2016年04月29日 17時21分55秒 | 医科・歯科・介護
埼玉の特養ホーム

読売新聞2016年4月28日
 埼玉県春日部市銚子口の特別養護老人ホーム施設「あすなろの郷」で3月下旬、女性入居者(当時101歳)が死亡した際、医師が不在だったにもかかわらず、施設で老衰の死亡診断書を作成していたことが27日、県などへの取材でわかった。

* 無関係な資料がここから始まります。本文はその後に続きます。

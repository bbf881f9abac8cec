-- ===== src/Snprintf/Safety.antt =====
-- What `snprintf` writes stays in its buffer, with a NUL.
use mathlib.Core.Path.{subst}
use doomkernel.Prelude.{
  ℕ, zero, suc, ◌+◌, ◌-◌, ◌^◌, ◌≤◌, ◌<◌, ◌≡◌, refl, false, Option, some, List, ◌==◌, length, arith,
}
use doomkernel.Prelude.Int.{pos, negsuc}
use doomkernel.Memory.{Memory}
use doomkernel.Printf.{Arg}
use doomkernel.Snprintf.Rounds.{Within, Within-trans, Safe, SafeRound, snprintf_step-SafeRound}
use doomkernel.Snprintf.{
  Answer, answer, unspecified, Round, ended, goes_on, snprintf_step, snprintf_loop, snprintf,
}

Safe-trans :
    (buffer value : ℕ) (m g : Memory) (a : Answer)
    → Within buffer value m g
    → Safe buffer value g a
    → Safe buffer value m a
Safe-trans buffer value m g (answer m' (pos n)) s (t, below, at) =
    (Within-trans buffer value m g m' s t, below, at)
Safe-trans buffer value m g (answer m' (negsuc k)) s (t, n, below, at) =
    (Within-trans buffer value m g m' s t, n, below, at)
Safe-trans buffer value m g unspecified s t = tt

-- a buffer that lies in the address space, and is counted by an `int`
abbrev pub InRange : ℕ → ℕ → Type 0
InRange buffer limit = (buffer + limit < 2 ^ 64) × (limit < 2 ^ 31)

-- a run of the loop ends with a safe answer
abbrev EndsSafe : ℕ → ℕ → Memory → Option Answer → Type 0
EndsSafe buffer limit m o = (a : Answer) × (o ≡ some a) × Safe buffer (limit + 1) m a

-- the loop behind a round
abbrev pub continued : ℕ → ℕ → ℕ → Round → Option Answer
continued buffer limit fuel (ended a) = some a
continued buffer limit fuel (goes_on m written format args) =
    snprintf_loop buffer limit fuel m written format args

pub loop-continued :
    (fuel buffer limit : ℕ) (m : Memory) (written : ℕ) (format : List ℕ) (args : List Arg)
    → continued buffer limit fuel (snprintf_step buffer limit m written format args)
      ≡ snprintf_loop buffer limit (suc fuel) m written format args
unfolding snprintf_loop
loop-continued fuel buffer limit m written format args =
    elim (snprintf_step buffer limit m written format args)
      as (λ s. continued buffer limit fuel s ≡ elim s as (λ x. Option Answer) [
        | ended a ↦ some a
        | goes_on m' written' format' args' ↦
            snprintf_loop buffer limit fuel m' written' format' args'
      ]) [ ended a ↦ refl | goes_on m' written' format' args' ↦ refl ]

abbrev AllSafe : ℕ → ℕ → ℕ → Type 0
AllSafe fuel buffer limit =
    (m : Memory) (written : ℕ) (format : List ℕ) (args : List Arg)
    → written ≤ limit
    → length format < fuel
    → EndsSafe buffer limit m (snprintf_loop buffer limit fuel m written format args)

continued-EndsSafe :
    (fuel buffer limit : ℕ)
    → AllSafe fuel buffer limit
    → (m : Memory) (format : List ℕ) (r : Round) → length format < suc fuel
    → SafeRound buffer limit m format r
    → EndsSafe buffer limit m (continued buffer limit fuel r)
continued-EndsSafe fuel buffer limit ih m format (ended a) enough s = (a, refl, s)
continued-EndsSafe fuel buffer limit ih m format (goes_on m' written' format' args') enough
      (inside, below, less) =
    let (a, e, s) = ih m' written' format' args' below (omega arith) in
    (a, e, Safe-trans buffer (limit + 1) m m' a inside s)

snprintf_loop-Safe : (fuel buffer limit : ℕ) → InRange buffer limit → AllSafe fuel buffer limit
snprintf_loop-Safe zero buffer limit range = λ m written format args h enough. absurd (omega arith)
snprintf_loop-Safe (suc fuel) buffer limit range = λ m written format args h enough.
    subst (EndsSafe buffer limit m) (loop-continued fuel buffer limit m written format args) (
      continued-EndsSafe fuel buffer limit (snprintf_loop-Safe fuel buffer limit range) m format
        (snprintf_step buffer limit m written format args) enough
        (snprintf_step-SafeRound buffer limit range.0 range.1 m written h format args))

-- `snprintf` with a buffer of `value` bytes, one at least and 2^31 at most, which lies below the end of the
-- address space, ends whatever the format and the arguments.
-- Unless an argument is missing or of the other kind, it has changed no byte outside the buffer, and
-- has put a NUL into it: behind the text whose length it returns, which is below `value`, or
-- at some place when it returns -1.
pub snprintf-Safe :
    (m : Memory) (buffer value : ℕ) (format : List ℕ) (args : List Arg)
    → 0 < value
    → value ≤ 2 ^ 31
    → buffer + value ≤ 2 ^ 64
    → (a : Answer) × (snprintf m buffer value format args ≡ some a) × Safe buffer value m a
unfolding snprintf
snprintf-Safe m buffer value format args h top end =
    let some_room : (value == 0) ≡ false = ground arith in
    let whole : value - 1 + 1 ≡ value = omega arith in
    rw some_room (
      subst
        (λ (n : ℕ).
          (a : Answer) × (snprintf_loop buffer (value - 1) (suc (length format)) m 0 format args
            ≡ some a)
          × Safe buffer n m a)
        whole
        (snprintf_loop-Safe (suc (length format)) buffer (value - 1) (omega arith, omega arith) m 0
          format args (omega arith) (omega arith)))
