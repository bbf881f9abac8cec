-- ===== src/Snprintf/Text.antt =====
-- The rounds of `snprintf` where the buffer has room.
use doomkernel.Prelude.{
  ℕ, ◌+◌, ◌-◌, ◌%◌, ◌≤◌, ◌≡◌, inl, inr, refl, sym, ap, ◌∙◌, false, not, ◌&&◌, Bool-cases, List, [],
  ◌∷◌, ◌++◌, ltb, ◌==◌, length, length-append, arith,
}
use doomkernel.Prelude.Int.{pos}
use doomkernel.Memory.{Memory, add64, store8}
use doomkernel.Printf.{Arg, word, text, run}
use doomkernel.Printf.Render.{
  Conversion, known, missing, unknown, of_word, of_text, snprintf_convert,
}
use doomkernel.Snprintf.Rounds.{narrow_lem}
use doomkernel.Snprintf.Safety.{InRange}
use doomkernel.Snprintf.{
  write_to_buffer, Answer, answer, Round, goes_on, bounded_run, put_text, put_char, put_string,
  put_directive,
}

write_to_buffer-append :
    (m : Memory) (a : ℕ) (xs ys : List ℕ)
    → write_to_buffer m a (xs ++ ys) ≡ write_to_buffer (write_to_buffer m a xs) (a + length xs) ys
unfolding write_to_buffer
write_to_buffer-append m a [] ys = ap (λ (b : ℕ). write_to_buffer m b ys) (omega arith)
write_to_buffer-append m a (x ∷ xs) ys =
    write_to_buffer-append (store8 m a x) (a + 1) xs ys
    ∙ ap (λ (b : ℕ). write_to_buffer (write_to_buffer (store8 m a x) (a + 1) xs) b ys) (omega arith)

-- the run is cut short by the limit only
pub bounded_run-run :
    (limit amount : ℕ) (format : List ℕ)
    → (k : ℕ) × (bounded_run limit amount format ≡ amount + k) × (k ≤ run format)
unfolding bounded_run run
bounded_run-run limit amount [] = (0, omega arith, omega arith)
bounded_run-run limit amount (c ∷ format) =
    let (k, e, h) = bounded_run-run limit (amount + 1) format in
    elim (Bool-cases (not (c == b'%') && ltb amount limit)) [
      | inl more ↦
          let plain : (c == b'%') ≡ false = ground (arith, more) in
          rw (more, plain) (k + 1, omega (arith, e), omega (arith, h))
      | inr ends ↦ rw ends (0, omega arith, omega arith)
    ]

-- the memory and the result when `out` is put behind the `written` characters before
abbrev pub filled : ℕ → Memory → ℕ → List ℕ → Answer
filled buffer m written out =
    answer (store8 (write_to_buffer m (buffer + written) out) (buffer + (written + length out)) 0)
      (pos (written + length out))

pub filled-append :
    (buffer : ℕ) (m : Memory) (written n : ℕ) (xs ys out : List ℕ)
    → length xs ≡ n
    → out ≡ xs ++ ys
    → filled buffer (write_to_buffer m (buffer + written) xs) (written + n) ys
      ≡ filled buffer m written out
filled-append buffer m written n xs ys out len e =
    let total : written + n + length ys ≡ written + length out =
      omega (arith, len, ap length e, length-append xs ys) in
    let at : buffer + (written + n) ≡ buffer + written + length xs = omega (arith, len) in
    ap
      (λ (k : ℕ).
        answer
          (store8
            (write_to_buffer (write_to_buffer m (buffer + written) xs) (buffer + (written + n)) ys)
            (buffer + k) 0)
          (pos k))
      total
    ∙ ap
        (λ (b : ℕ).
          answer
            (store8 (write_to_buffer (write_to_buffer m (buffer + written) xs) b ys)
              (buffer + (written + length out)) 0)
            (pos (written + length out)))
        at
    ∙ ap
        (λ (g : Memory).
          answer (store8 g (buffer + (written + length out)) 0) (pos (written + length out)))
        (sym (write_to_buffer-append m (buffer + written) xs ys)
          ∙ ap (write_to_buffer m (buffer + written)) (sym e))

module _ (buffer limit : ℕ) (range : InRange buffer limit) (m : Memory) (written : ℕ) where
  pub put_text_lem :
      (bytes format : List ℕ) (args : List Arg)
      → written + length bytes ≤ limit
      → put_text buffer limit m written bytes format args
        ≡ goes_on (write_to_buffer m (buffer + written) bytes) (written + length bytes) format args
  unfolding put_text
  put_text_lem bytes format args h =
      let fits : ltb (limit - written) (length bytes) ≡ false = ground arith in
      let here : add64 buffer written ≡ buffer + written = omega (arith, h, range) in
      rw (fits, here, narrow_lem (written + length bytes) (omega (arith, h, range))) refl

  -- what the round of a directive is by its conversion
  abbrev pub Expected : ℕ → List ℕ → List Arg → Round → Conversion → Type 0
  Expected c format args r (known out rest) =
      written + length out ≤ limit
      → r ≡ goes_on (write_to_buffer m (buffer + written) out) (written + length out) format rest
  Expected c format args r missing = Unit
  Expected c format args r unknown = r ≡ put_text buffer limit m written (b'%' ∷ c ∷ format) [] args

  put_char_lem :
      (c : ℕ) (format : List ℕ) (args : List Arg)
      → Expected c format args
          (put_char buffer limit m written format args)
          (of_word (λ w. w % 256 ∷ []) args)
  unfolding put_char
  put_char_lem c format [] = tt
  put_char_lem c format (text s ∷ args) = tt
  put_char_lem c format (word w ∷ args) = λ h.
      let room : (limit - written == 0) ≡ false = ground arith in
      let here : add64 buffer written ≡ buffer + written = omega (arith, h, range) in
      rw (room, here, narrow_lem (written + 1) (omega (arith, h, range))) refl

  put_string_lem :
      (c : ℕ) (format : List ℕ) (args : List Arg)
      → Expected c format args (put_string buffer limit m written format args) (of_text args)
  unfolding put_string
  put_string_lem c format [] = tt
  put_string_lem c format (word w ∷ args) = tt
  put_string_lem c format (text s ∷ args) = put_text_lem s format args

  pub put_directive_lem :
      (c : ℕ) (format : List ℕ) (args : List Arg)
      → (c == b'%') ≡ false
      → Expected c format args
          (put_directive buffer limit m written (c ∷ format) args)
          (snprintf_convert c args)
  unfolding put_directive
  put_directive_lem c format args ne = elim (Bool-cases (c == b'c')) [
    | inl e ↦ rw (ne, e) (put_char_lem c format args)
    | inr e1 ↦ elim (Bool-cases (c == b's')) [
      | inl e ↦ rw (ne, e1, e) (put_string_lem c format args)
      | inr e2 ↦ rw (ne, e1, e2) refl
    ]
  ]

 施設の嘱託医は、事前に日付を空欄にした死亡診断書を施設に渡していたという。県は26日に施設の立ち入り検査を実施して調査しており、医師らの行為が医師法に抵触する可能性があるとみて、県警にも報告する。
 県などによると、死亡した女性入居者は、3月18日に危篤状態に陥った。嘱託医は19日から旅行の予定が入っており、死因を「老衰」と記載して署名し、日付を空欄にした死亡診断書を作成して、施設に預けた。
 20日に女性が死亡し、施設職員が嘱託医に連絡を取ったが、施設に戻れなかったため、看護師が死亡診断書の死亡年月日と発行年月日を記入した。診断書は遺族に渡されたという。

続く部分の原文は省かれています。